Trois semaines. Nous sommes restées enfermées trois maudites semaines. Trois interminables semaines à avoir faim et froid. A avoir soif aussi parfois. Nous priver d'eau pour mauvais comportement est devenu le jeu préféré de nos Aufseherin à la fin de la première semaine.

Mauvais comportement voulait dire qu'on n'avait pas été assez rapide pour sortir nous ranger, que nous avions « dansé » comprendre que nous avions sautillé autant que nos forces nous le permettaient pour nous réchauffer, parce que nous sentions mauvais ou parce que il y avait eu trop de morte durant la nuit.

Comment ne pas puer dans ce confinement où il n'y avait qu'une seule et unique toilette derrière un rideau que la plupart ne parvenais pas à atteindre à temps. Certaines dont le nouveau régime alimentaire leur donnait d'affreuse crampe intestinale se soulageaient sur place en faisant parfois profiter une camarade qui s'était agenouillée par terre. Il n'y avait pas d'évier, pas d'eau et la vermine s'est vite installée. Nous avons été infestées de poux à une rapidité extraordinaire. Tous les soirs qu'a duré notre quarantaine Elisheba s'appliquait à vérifier mes cheveux parce que le moindre pou trouvé sur une détenue qui n'avait pas été rasée lui promettait d'être tondue après avoir été battue. La journée je cachais mes cheveux dans un fichu que m'avait donné Hosanna, la mère de Mahalia après que j'eue de nouveau subi la jalousie de mes compagnes durant une nuit mouvementée durant laquelle une bagarre collective avait eu lieu.

- Cache-les, ça attisera moins la méchanceté des envieuses, m'avait-elle dit.

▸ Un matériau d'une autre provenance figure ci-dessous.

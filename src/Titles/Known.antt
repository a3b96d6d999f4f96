-- ===== src/Titles/Known.antt =====
-- What `dvdcss_title` of src/css.c does to the list of titles and to the current key.
use libdvdcss.Common.{
  ℕ, Bool, true, false, Option, none, some, ◌≡◌, ◌≢◌, refl, sym, ◌∙◌, ap, inl, inr, Bool-cases,
  ne→==, eq→==, if◌then◌else◌,
}
use libdvdcss.Keys.{DvdKey}
use mathlib.Core.Path.{subst}
use libdvdcss.Dvdcss.{Dvdcss, Drive, DvdTitle}
use libdvdcss.CrackTitle.{KeyResult, key_failed, key_absent, key_found}
use libdvdcss.CrackTitle.Total.{ReadsBlocks}
use libdvdcss.TitleKeys.Frame.{dvdcss_titlekey-Keeps}
use libdvdcss.Titles.{
  Library, Store, known_key, find_cached, enter_title, cache_key, write_file, on_titlekey,
  on_cracked, obtain_title, look_up_title, dvdcss_title,
}
use libdvdcss.Titles.Sorted.{IsSorted, insert_title_lem}

-- From `l` to `l'`: a title is only added, at the block `block`.
pub record Adds (block : ℕ) (l l' : Library) : Type 0 where
  pub sorted : IsSorted l'.css.p_titles
  pub others : (b : ℕ) → block ≢ b → known_key l'.css.p_titles b ≡ known_key l.css.p_titles b
  pub stays :
      (k : DvdKey)
      → known_key l.css.p_titles block ≡ some k
      → known_key l'.css.p_titles block ≡ some k
  pub same_scrambling : l'.css.b_scrambled ≡ l.css.b_scrambled
  pub same_caching : l'.caching ≡ l.caching

-- What dvdcss_title must give: on a success the block has a key, which is the current one; a
-- failure is one of a block without a key, and leaves the list as it was.
abbrev pub Titled : ℕ → Library → Bool × Library → Type 0
Titled block l (true, l') =
    Adds block l l' × (known_key l'.css.p_titles block ≡ some l'.css.p_title_key)
Titled block l (false, l') =
    Adds block l l' × (known_key l.css.p_titles block ≡ none) × (l'.css.p_titles ≡ l.css.p_titles)

cache_key-lem :
    (store : Store) (block : ℕ) (key : DvdKey) (l : Library)
    → ((cache_key store block key l).css ≡ l.css)
      × ((cache_key store block key l).caching ≡ l.caching)
unfolding cache_key write_file
cache_key-lem store block key l = elim (Bool-cases l.caching) [
  | inl e ↦ rw (e) (refl, refl)
  | inr e ↦ rw (e) (refl, refl)
]

-- A key is entered at a block without one.
enter_title-Titled :
    (block : ℕ) (key : DvdKey) (l m : Library)
    → IsSorted l.css.p_titles
    → known_key l.css.p_titles block ≡ none
    → m.css.p_titles ≡ l.css.p_titles
    → m.css.b_scrambled ≡ l.css.b_scrambled
    → m.caching ≡ l.caching
    → Titled block l (true, enter_title block key m)
unfolding enter_title
enter_title-Titled block key l m sorted absent titles flag caching =
    let t : DvdTitle = record { startlb = block; key = key } in
    let sorted' = subst IsSorted (sym titles) sorted in
    let absent' = ap (λ ts. known_key ts block) titles ∙ absent in
    let (is_sorted, finds) = insert_title_lem t m.css.p_titles sorted' absent' in
    (
      record {
        sorted = is_sorted;
        others = λ b away. finds b ∙ rw (ne→== block b away) (ap (λ ts. known_key ts b) titles);
        stays = λ k present. absurd (cc (sym present ∙ absent));
        same_scrambling = flag;
        same_caching = caching;
      },
      finds block ∙ rw (eq→== block block refl) refl,
    )

module _ (drive : Drive) (crack_disc_key : DvdKey → Bool × DvdKey) (store : Store) where
  unchanged :
      (block : ℕ) (l m : Library)
      → IsSorted l.css.p_titles
      → known_key l.css.p_titles block ≡ none
      → m.css.p_titles ≡ l.css.p_titles
      → m.css.b_scrambled ≡ l.css.b_scrambled
      → m.caching ≡ l.caching
      → Titled block l (false, m)
  unchanged block l m sorted absent titles flag caching = (
    record {
      sorted = subst IsSorted (sym titles) sorted;
      others = λ b away. ap (λ ts. known_key ts b) titles;
      stays = λ k present. absurd (cc (sym present ∙ absent));
      same_scrambling = flag;
      same_caching = caching;
    },
    absent,
    titles,
  )

  cached_and_entered :
      (block : ℕ) (key : DvdKey) (l m : Library)
      → IsSorted l.css.p_titles
      → known_key l.css.p_titles block ≡ none
      → m.css.p_titles ≡ l.css.p_titles
      → m.css.b_scrambled ≡ l.css.b_scrambled
      → m.caching ≡ l.caching
      → Titled block l (true, enter_title block key (cache_key store block key m))
  cached_and_entered block key l m sorted absent titles flag caching =
      let (css, same) = cache_key-lem store block key m in
      enter_title-Titled block key l (cache_key store block key m) sorted absent
        (ap (λ (d : Dvdcss). d.p_titles) css ∙ titles)
        (ap (λ (d : Dvdcss). d.b_scrambled) css ∙ flag) (same ∙ caching)

  on_titlekey-Titled :
      (block : ℕ) (result : KeyResult) (key : DvdKey) (l m : Library)
      → IsSorted l.css.p_titles
      → known_key l.css.p_titles block ≡ none
      → m.css.p_titles ≡ l.css.p_titles
      → m.css.b_scrambled ≡ l.css.b_scrambled
      → m.caching ≡ l.caching
      → Titled block l (on_titlekey store block result key m)
  unfolding on_titlekey
  on_titlekey-Titled block key_failed key l m sorted absent titles flag caching =
      unchanged block l m sorted absent titles flag caching
  on_titlekey-Titled block key_absent key l m sorted absent titles flag caching =
      cached_and_entered block key l m sorted absent titles flag caching
  on_titlekey-Titled block key_found key l m sorted absent titles flag caching =
      cached_and_entered block key l m sorted absent titles flag caching

  module _ (reads : ReadsBlocks drive) where
    -- The result of a search, with what it must give.
    abbrev pub Returns : ℕ → Library → Option (Bool × Library) → Type 0
    Returns block l o = (r : Bool × Library) × (o ≡ some r) × Titled block l r

    obtain_title-Returns :
        (block : ℕ) (cached : Option DvdKey) (l : Library)
        → IsSorted l.css.p_titles
        → known_key l.css.p_titles block ≡ none
        → Returns block l (obtain_title drive crack_disc_key store block cached l)
    unfolding obtain_title on_cracked
    obtain_title-Returns block (some key) l sorted absent =
        (_, refl, enter_title-Titled block key l l sorted absent refl refl refl)
    obtain_title-Returns block none l sorted absent =
        let (c, is, keeps) = dvdcss_titlekey-Keeps drive crack_disc_key reads block l.css in
        rw (is) (
          _,
          refl,
          on_titlekey-Titled block c.result c.key l (record l { css = c.state }) sorted absent
              keeps.titles keeps.scrambling refl,
        )

    look_up_title-Returns :
        (block : ℕ) (known : Option DvdKey) (l : Library)
        → IsSorted l.css.p_titles
        → known_key l.css.p_titles block ≡ known
        → Returns block l (look_up_title drive crack_disc_key store block known l)
    unfolding look_up_title
    look_up_title-Returns block none l sorted e =
        obtain_title-Returns block (find_cached block l) l sorted e
    look_up_title-Returns block (some key) l sorted e = (
      _,
      refl,
      (
        record {
          sorted = sorted;
          others = λ b away. refl;
          stays = λ k present. present;
          same_scrambling = refl;
          same_caching = refl;
        },
        e,
      ),
    )

    -- On a scrambled disc, with a sorted list of titles and a drive that reads whole blocks of
    -- bytes, dvdcss_title returns. The list stays sorted and the keys of other blocks stay as they
    -- are, and so does the key of the block if it has one. If dvdcss_title returns 0, the list has
    -- a key for the block, which is the current title key. If it fails, there was no key for the
    -- block, and the list is as it was.
    pub dvdcss_title_lem :
        (block : ℕ) (l : Library)
        → IsSorted l.css.p_titles
        → l.css.b_scrambled ≡ true
        → Returns block l (dvdcss_title drive crack_disc_key store block l)
    unfolding dvdcss_title
    dvdcss_title_lem block l sorted scrambled =
        let known = known_key l.css.p_titles block in
        let result = look_up_title drive crack_disc_key store block known l in
        let (r, is, titled) = look_up_title-Returns block known l sorted refl in
        (r, ap (λ (b : Bool). if b then result else some (true, l)) scrambled ∙ is, titled)

  known_title :
      (block : ℕ) (l : Library)
      → known_key l.css.p_titles block ≡ some l.css.p_title_key
      → dvdcss_title drive crack_disc_key store block l ≡ some (true, l)
  unfolding dvdcss_title look_up_title
  known_title block l known = elim (Bool-cases l.css.b_scrambled) [
    | inl e ↦ rw (e, known) refl
    | inr e ↦ rw (e) refl
  ]

  -- After a dvdcss_title that returned 0, on a scrambled disc with a sorted list of titles and a
  -- drive that reads whole blocks of bytes, another dvdcss_title of that block returns 0, changes
  -- nothing and sends no command to the drive.
  pub dvdcss_title_again :
      (block : ℕ) (l m : Library)
      → ReadsBlocks drive
      → IsSorted l.css.p_titles
      → l.css.b_scrambled ≡ true
      → dvdcss_title drive crack_disc_key store block l ≡ some (true, m)
      → dvdcss_title drive crack_disc_key store block m ≡ some (true, m)
  dvdcss_title_again block l m reads sorted scrambled e =
      let (r, is, titled) = dvdcss_title_lem reads block l sorted scrambled in
      let same : r ≡ (true, m) = cc (sym is ∙ e) in
      let titled' : Titled block l (true, m) = subst (Titled block l) same titled in
      known_title block m titled'.1
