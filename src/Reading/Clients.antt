-- ===== src/Reading/Clients.antt =====
-- Clients of src/libdvdcss.c: any sequence of `dvdcss_seek`, `dvdcss_read` and
-- `dvdcss_readv`.
use libdvdcss.Common.{
  ℕ, Bool, true, false, Option, none, some, List, ◌∷◌, ◌≡◌, refl, sym, ◌∙◌, ap, inl, inr,
  Bool-cases, ◌==◌, ==_iff, ==→ne,
}
use libdvdcss.Keys.{DvdKey}
use mathlib.Core.Path.{subst}
use libdvdcss.Dvdcss.{Dvdcss, Drive, Command, seek, read, readv, pf_seek, pf_read, pf_readv, issue}
use libdvdcss.Readv.{VectorResult, gave, dvdcss_readv}
use libdvdcss.CrackTitle.Total.{ReadsBlocks}
use libdvdcss.Titles.{Library, Store, known_key}
use libdvdcss.Titles.Sorted.{IsSorted}
use libdvdcss.Titles.Known.{Adds, Titled, dvdcss_title_lem}
use libdvdcss.Reading.{SeekFlags, checks_title, seek_blocks, seek_after, dvdcss_seek, dvdcss_read}

module _ (drive : Drive) (crack_disc_key : DvdKey → Bool × DvdKey) (store : Store) where
  -- One call of a client, which changes the library's state. A `dvdcss_readv` that decrypts past the
  -- end of a buffer has no such state.
  pub data Call (l l' : Library) : Type 0 where
    calls_seek :
        (blocks : ℕ) (flags : SeekFlags) (reached : Option ℕ)
        → dvdcss_seek drive crack_disc_key store blocks flags l ≡ some (reached, l')
        → Call l l'
    calls_read :
        (blocks : ℕ) (decrypt : Bool)
        → l' ≡ record l { css = (dvdcss_read drive blocks decrypt l.css).1 }
        → Call l l'
    calls_readv :
        (lengths : List ℕ) (decrypt : Bool) (ret : Option ℕ) (buffers : List ℕ) (css : Dvdcss)
        → dvdcss_readv drive lengths decrypt l.css ≡ (gave ret buffers, css)
        → l' ≡ record l { css = css }
        → Call l l'

  pub data Reach (l : Library) : Library → Type 0 where
    here : Reach l l
    next : {m n : Library} → Reach l m → Call m n → Reach l n

  -- A scrambled disc with its list in order, and the keys that it had.
  pub record Sound (l l' : Library) : Type 0 where
    pub sorted : IsSorted l'.css.p_titles
    pub scrambled : l'.css.b_scrambled ≡ true
    pub keys_stay :
        (b : ℕ) (k : DvdKey)
        → known_key l.css.p_titles b ≡ some k
        → known_key l'.css.p_titles b ≡ some k

  -- What a seek must give when the title is checked: the title is in order, and on a success the
  -- drive was sent to the block last.
  abbrev pub Sought : ℕ → Library → Option ℕ × Library → Type 0
  Sought blocks l (none, l') = Sound l l'
  Sought blocks l (some reached, l') =
      Sound l l'
      × (known_key l'.css.p_titles blocks ≡ some l'.css.p_title_key)
      × ((log : List Command) × (l'.css.log ≡ seek blocks ∷ log)
          × (drive.position l'.css.log ≡ some reached))

  Adds-Sound : (block : ℕ) (l m : Library) → l.css.b_scrambled ≡ true → Adds block l m → Sound l m
  Adds-Sound block l m scrambled adds = record {
    sorted = adds.sorted;
    scrambled = adds.same_scrambling ∙ scrambled;
    keys_stay = λ b k known. elim (Bool-cases (block == b)) [
      | inl at ↦
          let same = (==_iff block b).0 at in
          ap (known_key m.css.p_titles) (sym same)
          ∙ adds.stays k (ap (known_key l.css.p_titles) same ∙ known)
      | inr away ↦ adds.others b (==→ne block b away) ∙ known
    ];
  }

  seek_blocks-Sought :
      (blocks : ℕ) (l m : Library)
      → Sound l m
      → known_key m.css.p_titles blocks ≡ some m.css.p_title_key
      → Sought blocks l (seek_blocks drive blocks m)
  unfolding seek_blocks pf_seek issue
  seek_blocks-Sought blocks l m s current = found (drive.position (seek blocks ∷ m.css.log)) refl
    where
      found :
          (reached : Option ℕ)
          → drive.position (seek blocks ∷ m.css.log) ≡ reached
          → Sought blocks l
              (reached, record m { css = record m.css { log = seek blocks ∷ m.css.log } })
      found none e = record { sorted = s.sorted; scrambled = s.scrambled; keys_stay = s.keys_stay }
      found (some reached) e = (
        record { sorted = s.sorted; scrambled = s.scrambled; keys_stay = s.keys_stay },
        current,
        (m.css.log, refl, e),
      )

  after_title :
      (blocks : ℕ) (l : Library) (r : Bool × Library)
      → l.css.b_scrambled ≡ true
      → Titled blocks l r
      → (s : Option ℕ × Library) × (seek_after drive blocks (some r) ≡ some s) × Sought blocks l s
  unfolding seek_after
  after_title blocks l (false, m) scrambled titled =
      (_, refl, Adds-Sound blocks l m scrambled titled.0)
  after_title blocks l (true, m) scrambled titled =
      (_, refl, seek_blocks-Sought blocks l m (Adds-Sound blocks l m scrambled titled.0) titled.1)

  module _ (reads : ReadsBlocks drive) where
    -- On a scrambled disc, with a sorted list of titles, a drive that reads whole blocks of bytes,
    -- and flags by which the title is checked, dvdcss_seek returns, the list stays sorted and no
    -- block loses or changes its key. If it returns a position, then the list has a key for the
    -- block, this is the current title key, and the last command sent the drive to the block,
    -- which answered with that position.
    pub dvdcss_seek_lem :
        (blocks : ℕ) (flags : SeekFlags) (l : Library)
        → IsSorted l.css.p_titles
        → l.css.b_scrambled ≡ true
        → checks_title flags l.css.method ≡ true
        → (s : Option ℕ × Library) × (dvdcss_seek drive crack_disc_key store blocks flags l
            ≡ some s)
          × Sought blocks l s
    unfolding dvdcss_seek
    dvdcss_seek_lem blocks flags l sorted scrambled checks =
        let (r, is, titled) =
          dvdcss_title_lem drive crack_disc_key store reads blocks l sorted scrambled in
        let (s, is', sought) = after_title blocks l r scrambled titled in
        rw (checks) (s, ap (seek_after drive blocks) is ∙ is', sought)

    Sought-Sound :
        (blocks : ℕ) (l : Library) (s : Option ℕ × Library) → Sought blocks l s → Sound l s.1
    Sought-Sound blocks l (none, m) sound = sound
    Sought-Sound blocks l (some reached, m) (sound, _, _) = sound

    log_only :
        (l m : Library) (log : List Command)
        → IsSorted l.css.p_titles
        → l.css.b_scrambled ≡ true
        → m ≡ record l { css = record l.css { log = log } }
        → Sound l m
    log_only l m log sorted scrambled e =
        subst (Sound l) (sym e)
          (record { sorted = sorted; scrambled = scrambled; keys_stay = λ b k known. known })

    result_of :
        (o : Option (Option ℕ × Library)) (s t : Option ℕ × Library)
        → o ≡ some s
        → o ≡ some t
        → t.1 ≡ s.1
    result_of o s t e f =
        let same : t ≡ s = cc (sym f ∙ e) in ap (λ (r : Option ℕ × Library). r.1) same

    Call-Sound :
        (l m : Library) → IsSorted l.css.p_titles → l.css.b_scrambled ≡ true → Call l m → Sound l m
    unfolding dvdcss_readv pf_readv dvdcss_read pf_read issue dvdcss_seek seek_blocks pf_seek
    Call-Sound l m sorted scrambled (calls_read blocks decrypt e) =
        log_only l m (read blocks ∷ l.css.log) sorted scrambled e
    Call-Sound l m sorted scrambled (calls_readv lengths decrypt ret buffers css e is) =
        let same = ap (λ (r : VectorResult × Dvdcss). r.1) e in
        log_only l m (readv lengths ∷ l.css.log) sorted scrambled
          (is ∙ ap (λ (d : Dvdcss). record l { css = d }) (sym same))
    Call-Sound l m sorted scrambled (calls_seek blocks flags reached e) =
        elim (Bool-cases (checks_title flags l.css.method)) [
          | inl checks ↦
              let (s, is, sought) = dvdcss_seek_lem blocks flags l sorted scrambled checks in
              subst (Sound l) (sym (result_of _ s (reached, m) is e))
                (Sought-Sound blocks l s sought)
          | inr skips ↦
              let direct : Option ℕ × Library = (
                drive.position (seek blocks ∷ l.css.log),
                record l { css = record l.css { log = seek blocks ∷ l.css.log } },
              ) in
              let is : dvdcss_seek drive crack_disc_key store blocks flags l ≡ some direct =
                rw (skips) refl in
              log_only l m (seek blocks ∷ l.css.log) sorted scrambled
                (result_of _ direct (reached, m) is e)
        ]

    -- Whatever a client seeks and reads, into one buffer or several, from a state with a scrambled
    -- disc and a sorted list of titles, on a drive that reads whole blocks of bytes: the list stays
    -- sorted, the disc stays scrambled, and a block keeps the key that it was once given. A
    -- dvdcss_readv that decrypts past the end of a buffer is not such a read.
    pub Reach-Sound :
        (l m : Library) → IsSorted l.css.p_titles → l.css.b_scrambled ≡ true → Reach l m → Sound l m
    Reach-Sound l m sorted scrambled here = record {
      sorted = sorted;
      scrambled = scrambled;
      keys_stay = λ b k known. known;
    }
    Reach-Sound l m sorted scrambled (next r c) =
        let before = Reach-Sound l _ sorted scrambled r in
        let after = Call-Sound _ m before.sorted before.scrambled c in
        record {
          sorted = after.sorted;
          scrambled = after.scrambled;
          keys_stay = λ b k known. after.keys_stay b k (before.keys_stay b k known);
        }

Avec le manque d'hygiène sont arrivé les premières dysenteries et les premières blessures infectées. Josianne n'a pas été épargnées. A mesure que mon genou dégonflait et reprenait une couleur plus ou moins normal, son doigt se mettait à la brûler. La blessure était purulente. J'avais bien réussi à retirer le pus deux ou trois fois mais en vain, c'était toujours pire le lendemain. Nous n'avions rien d'autre que la bande crasseuse que nous avions troqué au début de notre quarantaine et plus de désinfectant.

- Pisse dessus, avait suggéré Elisheba.

Josianne s'en était abstenue, merci bien.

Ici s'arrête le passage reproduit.